Belakangan, pihak kejaksaan menyatakan akan segera mengeksekusi vonis Silfester. “Informasi dari pihak Kejari Jakarta Selatan hari ini diundang yang bersangkutan. Kalau dia enggak datang ya silakan saja, kami harus eksekusi,” ujar Anang Supriatna yang saat ini menjabat sebagai Kepala Pusat Penerangan Hukum Kejagung, di Gedung Kejagung, Senin, 4 Agustus 2025.

Menanggapi rencana eksekusi tersebut, Silfester menyatakan siap menjalani proses hukum. “Enggak ada masalah (kalau akhirnya dipenjara),” katanya di Polda Metro Jaya pada hari yang sama. Namun, ia mengaku belum menerima surat penahanan dari kejaksaan.

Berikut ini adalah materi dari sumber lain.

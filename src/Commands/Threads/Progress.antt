-- ===== src/Commands/Threads/Progress.antt =====
-- commands.rs: that the lock never leaves a thread stuck, and what a panic under it does.
use freematics_gui.Base.{
  ℕ, ◌==◌, ==_iff, ◌⊎◌, true, false, Bool-cases, inl, inr, none, some, Option-cases, ◌≡◌, ◌≢◌, refl,
  sym, ap, ◌∙◌,
}
use freematics_gui.Protocol.Port.{spinning}
use freematics_gui.Commands.Threads.{
  Work, access, finish, crash, Ending, Thread, waiting, working, over, Process, update, Step,
  acquire, refuse, work, release, panic, Reach, here, later, start, returned, run,
}
use freematics_gui.Commands.Threads.Order.{Inv, Reach-Inv, update_same, update_other}

module _ {W A : Type 0} where
  Reach-trans : {p q r : Process W A} → Reach p q → Reach q r → Reach p r
  Reach-trans a here = a
  Reach-trans a (later b s) = later (Reach-trans a b) s

  -- After `p` the thread is over, nobody owns the lock, and the other threads are where they were.
  record Ended (p : Process W A) (i : ℕ) : Type 0 where
    after : Process W A
    reach : Reach p after
    ending : Ending A
    is_over : after.threads i ≡ over ending
    is_free : after.owner ≡ none
    others : (j : ℕ) → (j == i) ≡ false → after.threads j ≡ p.threads j

  -- A session that comes to an end does so in steps of its thread alone.
  session_ends :
      (m : Work W A) (p : Process W A) (i : ℕ)
      → (run m p.world).0 ≢ returned spinning
      → p.threads i ≡ working m
      → Ended p i
  unfolding run
  session_ends (finish r) p i ends at = record {
    after = _;
    reach = later here (release i r (λ e. ends (ap (λ x. returned x) e)) at);
    ending = _;
    is_over = update_same p.threads i _;
    is_free = refl;
    others = λ j other. update_other p.threads i _ j other;
  }
  session_ends crash p i ends at = record {
    after = _;
    reach = later here (panic i at);
    ending = _;
    is_over = update_same p.threads i _;
    is_free = refl;
    others = λ j other. update_other p.threads i _ j other;
  }
  session_ends (access f k) p i ends at =
      let rest =
        session_ends (k p.world)
          (record p { world = f p.world; threads = update p.threads i (working (k p.world)) }) i
          ends (update_same p.threads i _) in
      record {
        after = rest.after;
        reach = Reach-trans (later here (work i f k at)) rest.reach;
        ending = rest.ending;
        is_over = rest.is_over;
        is_free = rest.is_free;
        others = λ j other. rest.others j other ∙ update_other p.threads i _ j other;
      }

  -- A thread may still end.
  abbrev pub CanEnd : Process W A → ℕ → Type 0
  CanEnd p i = (q : Process W A) × Reach p q × (e : Ending A) × (q.threads i ≡ over e)

  CanEnd-later : {p q : Process W A} {i : ℕ} → Reach p q → CanEnd q i → CanEnd p i
  CanEnd-later a (q, b, e, o) = (q, Reach-trans a b, e, o)

  -- With the lock free, a thread that waits is served next.
  CanEnd-waiting :
      (m : Work W A) (p : Process W A) (i : ℕ)
      → p.threads i ≡ waiting m
      → p.owner ≡ none
      → (run m p.world).0 ≢ returned spinning
      → CanEnd p i
  CanEnd-waiting m p i at free ends = elim (Bool-cases p.poisoned) [
    | inl poisoned ↦ (_, later here (refuse i m at free poisoned), _, update_same p.threads i _)
    | inr clean ↦
        let rest =
          session_ends m (record p { owner = some i; threads = update p.threads i (working m) }) i
            ends (update_same p.threads i _) in
        (
          rest.after,
          Reach-trans (later here (acquire i m at free clean)) rest.reach,
          rest.ending,
          rest.is_over,
        )
  ]

  Thread-cases :
      (t : Thread W A)
      → ((m : Work W A) × (t ≡ waiting m))
        ⊎ (((m : Work W A) × (t ≡ working m)) ⊎ ((e : Ending A) × (t ≡ over e)))
  Thread-cases (waiting m) = inl (m, refl)
  Thread-cases (working m) = inr (inl (m, refl))
  Thread-cases (over e) = inr (inr (e, refl))

module _ {W A : Type 0} (works : ℕ → Work W A) (w : W) where
  CanEnd-blocked :
      (p : Process W A) (i j : ℕ) (m n : Work W A)
      → p.threads i ≡ waiting m
      → p.threads j ≡ working n
      → ((v : W) → (run m v).0 ≢ returned spinning)
      → (run n p.world).0 ≢ returned spinning
      → CanEnd p i
  CanEnd-blocked p i j m n at_i at_j ends_i ends_j = elim (Bool-cases (i == j)) [
    | inl e ↦
        let same : p.threads i ≡ p.threads j = ap p.threads ((==_iff i j).0 e) in
        absurd (apart (sym at_i ∙ same ∙ at_j))
    | inr other ↦
        let first = session_ends n p j ends_j at_j in
        CanEnd-later first.reach (
          CanEnd-waiting m first.after i (first.others i other ∙ at_i) first.is_free
            (ends_i first.after.world))
  ]
    where
      apart : waiting m ≡ working n → ⊥
      apart q = cc

  -- No thread is stuck if no session runs for ever: from every state that threads sharing the lock
  -- can reach, each thread has a way to its end, also while another owns the lock, and after a panic.
  pub threads-CanEnd :
      (p : Process W A)
      → ((j : ℕ) (v : W) → (run (works j) v).0 ≢ returned spinning)
      → Reach (start works w) p
      → (i : ℕ) → CanEnd p i
  threads-CanEnd p ends r i = elim (Thread-cases (p.threads i)) [
    | inr (inr (e, at)) ↦ (p, here, e, at)
    | inr (inl (m, at)) ↦
        let rest = session_ends m p i (owner_ends i m at) at in
        (rest.after, rest.reach, rest.ending, rest.is_over)
    | inl (m, at) ↦
        let same : m ≡ works i = (Reach-Inv works w r).fresh i m at in
        let waiting_ends : (v : W) → (run m v).0 ≢ returned spinning = λ v. rw same (ends i v) in
        elim (Option-cases p.owner) [
          | inl free ↦ CanEnd-waiting m p i at free (waiting_ends p.world)
          | inr (j, owned) ↦
              let (n, at_j, same_end) = (Reach-Inv works w r).held j owned in
              CanEnd-blocked p i j m n at at_j waiting_ends (owner_ends j n at_j)
        ]
  ]
    where
      owner_ends :
          (j : ℕ) (n : Work W A) → p.threads j ≡ working n → (run n p.world).0 ≢ returned spinning
      owner_ends j n at_j e =
          let inv = Reach-Inv works w r in
          let (n', at', same) = inv.held j (inv.unique j n at_j) in
          let equal : n' ≡ n = cc in
          ends j inv.settled (ap (λ x. x.0) (sym same ∙ ap (λ x. run x p.world) equal) ∙ e)

  Step-poisoned :
      {p q : Process W A}
      → Inv works w p
      → p.poisoned ≡ true
      → Step p q
      → (q.world ≡ p.world) × (q.poisoned ≡ true)
  Step-poisoned inv h (acquire i m at free clean) = absurd (apart (sym h ∙ clean))
    where
      apart : true ≡ false → ⊥
      apart q = cc
  Step-poisoned inv h (refuse i m at free poisoned) = (refl, h)
  Step-poisoned inv h (work i f k at) =
      let owns = inv.unique i (access f k) at in let free = inv.closed h in cc
  Step-poisoned inv h (release i r ends at) = (refl, h)
  Step-poisoned inv h (panic i at) = (refl, refl)

  -- After a panic under the lock no session touches the world again, in any interleaving.
  pub poisoned_for_good :
      (p q : Process W A)
      → Reach (start works w) p
      → p.poisoned ≡ true
      → Reach p q
      → (q.world ≡ p.world) × (q.poisoned ≡ true)
  poisoned_for_good p q r h here = (refl, h)
  poisoned_for_good p q r h (later {q = q'} s st) =
      let (same, poisoned) = poisoned_for_good p q' r h s in
      let (same', poisoned') = Step-poisoned (Reach-Inv works w (Reach-trans r s)) poisoned st in
      (same' ∙ same, poisoned')
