-- ===== src/Device.antt =====
-- firmware: the serial side of the device that the application talks to.
pub mod Strings
pub mod Settings
pub mod Nvs
pub mod Handler
pub mod Link
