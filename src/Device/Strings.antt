-- ===== src/Device/Strings.antt =====
-- firmware/test/Arduino.h: the class `String` as the firmware uses it. A `String` is its bytes. Its
-- conversions from and to numbers are those of the C library, and are a parameter.
pub mod Trimmed
use freematics_gui.Base.{ℕ, ◌+◌, ◌-◌, ◌==◌, ◌||◌, between, Bool, if◌then◌else◌, List, [], ◌∷◌, map}
use freematics_gui.Base.Int.{ℤ}
use freematics_gui.Text.Utf8.{Bytes}

-- The characters that `trim` takes off.
abbrev pub is_blank : ℕ → Bool
is_blank b = b == b' ' || b == b'\t' || b == b'\r' || b == b'\n'

unfoldable pub trim_front : Bytes → Bytes
trim_front [] = []
trim_front (b ∷ bs) = if is_blank b then trim_front bs else b ∷ bs

-- A byte in front of what is left of the bytes behind it.
abbrev pub keep : ℕ → Bytes → Bytes
keep b [] = if is_blank b then [] else b ∷ []
keep b (c ∷ bs) = b ∷ c ∷ bs

unfoldable pub trim_back : Bytes → Bytes
trim_back [] = []
trim_back (b ∷ bs) = keep b (trim_back bs)

unfoldable pub trim : Bytes → Bytes
trim bs = trim_back (trim_front bs)

abbrev pub to_upper : ℕ → ℕ
to_upper b = if between b'a' b'z' b then b - 32 else b

abbrev pub to_lower : ℕ → ℕ
to_lower b = if between b'A' b'Z' b then b + 32 else b

unfoldable pub to_upper_case : Bytes → Bytes
to_upper_case bs = map to_upper bs

unfoldable pub to_lower_case : Bytes → Bytes
to_lower_case bs = map to_lower bs

-- `if (line.endsWith("\r")) line.remove(line.length() - 1);`
unfoldable pub drop_cr : Bytes → Bytes
drop_cr [] = []
drop_cr (b ∷ []) = if b == b'\r' then [] else b ∷ []
drop_cr (b ∷ c ∷ bs) = b ∷ drop_cr (c ∷ bs)

-- `toInt()`, `toFloat()`, `String(value, 4)`, and `snprintf` with "%.4f".
pub record Numbers (F : Type 0) : Type 0 where
  pub to_int : Bytes → ℤ
  pub to_float : Bytes → F
  pub fixed_4 : F → Bytes
  -- the literal 0.4f
  pub two_fifths : F
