-- ===== src/Device/Settings.antt =====
-- firmware/overlay/configstore.cpp and configstore.h: the configuration in the device's memory.
pub mod Printed
pub mod Sent
pub mod Halted
pub mod Dumped
use freematics_gui.Base.{
  ℕ, ◌||◌, Bool, true, false, if◌then◌else◌, List, [], ◌∷◌, ◌++◌, Option, none, some,
}
use freematics_gui.Base.Int.{ℤ, pos, negsuc, ltb_ℤ}
use freematics_gui.Text.{codes, text_eq}
use freematics_gui.Text.Utf8.{Bytes}
use freematics_gui.Text.Decimal.{show, show_signed}
use freematics_gui.Device.Strings.{Numbers, to_lower_case}

pub record Config (F : Type 0) : Type 0 where
  pub apn : Bytes
  pub ssid : Bytes
  pub wpwd : Bytes
  pub srv_host : Bytes
  pub srv_port : ℕ
  pub srv_proto : Bytes
  pub srv_path : Bytes
  pub gnss : Bytes
  pub storage : Bytes
  pub obd : Bool
  pub mems : Bool
  pub wifi : Bool
  pub ble : Bool
  pub httpd : Bool
  pub sim_pin : Bytes
  pub apn_user : Bytes
  pub apn_pass : Bytes
  pub ap_ssid : Bytes
  pub ap_pwd : Bytes
  pub motion_thr : F
  pub jumpstart_v : ℤ
  pub cooling_t : ℤ
  pub gnss_always : Bool
  pub gnss_reset_t : ℤ
  pub max_obd_err : ℤ
  pub srv_sync_int : ℤ
  pub pingback_int : ℤ
  pub psram : Bool

unfoldable pub parse_bool : Bytes → Bool
parse_bool v =
    let t : Bytes = to_lower_case v in
    text_eq t (codes "1")
    || text_eq t (codes "true")
    || text_eq t (codes "yes")
    || text_eq t (codes "on")

unfoldable pub valid_enum : Bytes → Bytes → Bytes → Bytes → Bool
valid_enum v a b c = text_eq v a || text_eq v b || text_eq v c

-- The number of a `u16` that is not negative.
abbrev unsigned : ℤ → Option ℕ
unsigned (pos n) = some n
unsigned (negsuc n) = none

module _ {F : Type 0} (num : Numbers F) where
  unfoldable pub parse_i16 : Bytes → Option ℤ
  parse_i16 v =
      let n : ℤ = num.to_int v in
      if ltb_ℤ n (negsuc 32767) || ltb_ℤ (pos 32767) n then none else some n

  unfoldable pub parse_u16 : Bytes → Option ℕ
  parse_u16 v =
      let n : ℤ = num.to_int v in
      if ltb_ℤ n (pos 0) || ltb_ℤ (pos 65535) n then none else unsigned n

  unfoldable pub defaults : Config F
  defaults = record {
    apn = [];
    ssid = [];
    wpwd = [];
    srv_host = codes "hub.freematics.com";
    srv_port = 0;
    srv_proto = codes "udp";
    srv_path = [];
    gnss = codes "standalone";
    storage = codes "none";
    obd = true;
    mems = true;
    wifi = false;
    ble = false;
    httpd = false;
    sim_pin = [];
    apn_user = [];
    apn_pass = [];
    ap_ssid = codes "Freematics";
    ap_pwd = [];
    motion_thr = num.two_fifths;
    jumpstart_v = pos 14500;
    cooling_t = pos 80;
    gnss_always = false;
    gnss_reset_t = pos 0;
    max_obd_err = pos 5;
    srv_sync_int = pos 30;
    pingback_int = pos 0;
    psram = false;
  }

  -- A number that was parsed is stored; otherwise the setter is refused.
  abbrev pub with_i16 : Option ℤ → (ℤ → Config F) → Option (Config F)
  with_i16 none store = none
  with_i16 (some n) store = some (store n)

  abbrev pub with_u16 : Option ℕ → (ℕ → Config F) → Option (Config F)
  with_u16 none store = none
  with_u16 (some n) store = some (store n)

  -- `none` where the source returns false; the configuration is then as it was.
  unfoldable pub set : Bytes → Bytes → Config F → Option (Config F)
  set key val cfg =
      if text_eq key (codes "apn")
      then some (record cfg { apn = val })
      else if text_eq key (codes "ssid")
      then some (record cfg { ssid = val })
      else if text_eq key (codes "wpwd")
      then some (record cfg { wpwd = val })
      else if text_eq key (codes "srv_host")
      then some (record cfg { srv_host = val })
      else if text_eq key (codes "srv_port")
      then with_u16 (parse_u16 val) (λ n. record cfg { srv_port = n })
      else if text_eq key (codes "srv_proto")
      then (if valid_enum val (codes "udp") (codes "https_get") (codes "https_post")
          then some (record cfg { srv_proto = val })
          else none)
      else if text_eq key (codes "srv_path")
      then some (record cfg { srv_path = val })
      else if text_eq key (codes "gnss")
      then (if valid_enum val (codes "none") (codes "standalone") (codes "cellular")
          then some (record cfg { gnss = val })
          else none)
      else if text_eq key (codes "storage")
      then (if valid_enum val (codes "none") (codes "spiffs") (codes "sd")
          then some (record cfg { storage = val })
          else none)
      else if text_eq key (codes "obd")
      then some (record cfg { obd = parse_bool val })
      else if text_eq key (codes "mems")
      then some (record cfg { mems = parse_bool val })
      else if text_eq key (codes "wifi")
      then some (record cfg { wifi = parse_bool val })
      else if text_eq key (codes "ble")
      then some (record cfg { ble = parse_bool val })
      else if text_eq key (codes "httpd")
      then some (record cfg { httpd = parse_bool val })
      else if text_eq key (codes "sim_pin")
      then some (record cfg { sim_pin = val })
      else if text_eq key (codes "apn_user")
      then some (record cfg { apn_user = val })
      else if text_eq key (codes "apn_pass")
      then some (record cfg { apn_pass = val })
      else if text_eq key (codes "ap_ssid")
      then some (record cfg { ap_ssid = val })
      else if text_eq key (codes "ap_pwd")
      then some (record cfg { ap_pwd = val })
      else if text_eq key (codes "motion_thr")
      then some (record cfg { motion_thr = num.to_float val })
      else if text_eq key (codes "jumpstart_v")
      then with_i16 (parse_i16 val) (λ n. record cfg { jumpstart_v = n })
      else if text_eq key (codes "cooling_t")
      then with_i16 (parse_i16 val) (λ n. record cfg { cooling_t = n })
      else if text_eq key (codes "gnss_always")
      then some (record cfg { gnss_always = parse_bool val })
      else if text_eq key (codes "gnss_reset_t")
      then with_i16 (parse_i16 val) (λ n. record cfg { gnss_reset_t = n })
      else if text_eq key (codes "max_obd_err")
      then with_i16 (parse_i16 val) (λ n. record cfg { max_obd_err = n })
      else if text_eq key (codes "srv_sync_int")
      then with_i16 (parse_i16 val) (λ n. record cfg { srv_sync_int = n })
      else if text_eq key (codes "pingback_int")
      then with_i16 (parse_i16 val) (λ n. record cfg { pingback_int = n })
      else if text_eq key (codes "psram")
      then some (record cfg { psram = parse_bool val })
      else none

Menurutnya, permasalahan dengan Jusuf Kalla sudah selesai di luar pengadilan. “Itu sudah selesai dengan adanya perdamaian. Bahkan saya beberapa kali bertemu dengan Jusuf Kalla dan kami berhubungan baik. Dan proses hukum juga sudah saya jalani,” kata Silfester.

Jusuf Kalla (JK) mengatakan tidak begitu memusingkan ucapan Silfester. “Hanya, keluarga yang keberatan soal omongannya Silfester itu,” kata mantan Ketua Umum Partai Golkar ini melalui sambungan telepon kepada Tempo pada Sabtu, 9 Agustus 2025.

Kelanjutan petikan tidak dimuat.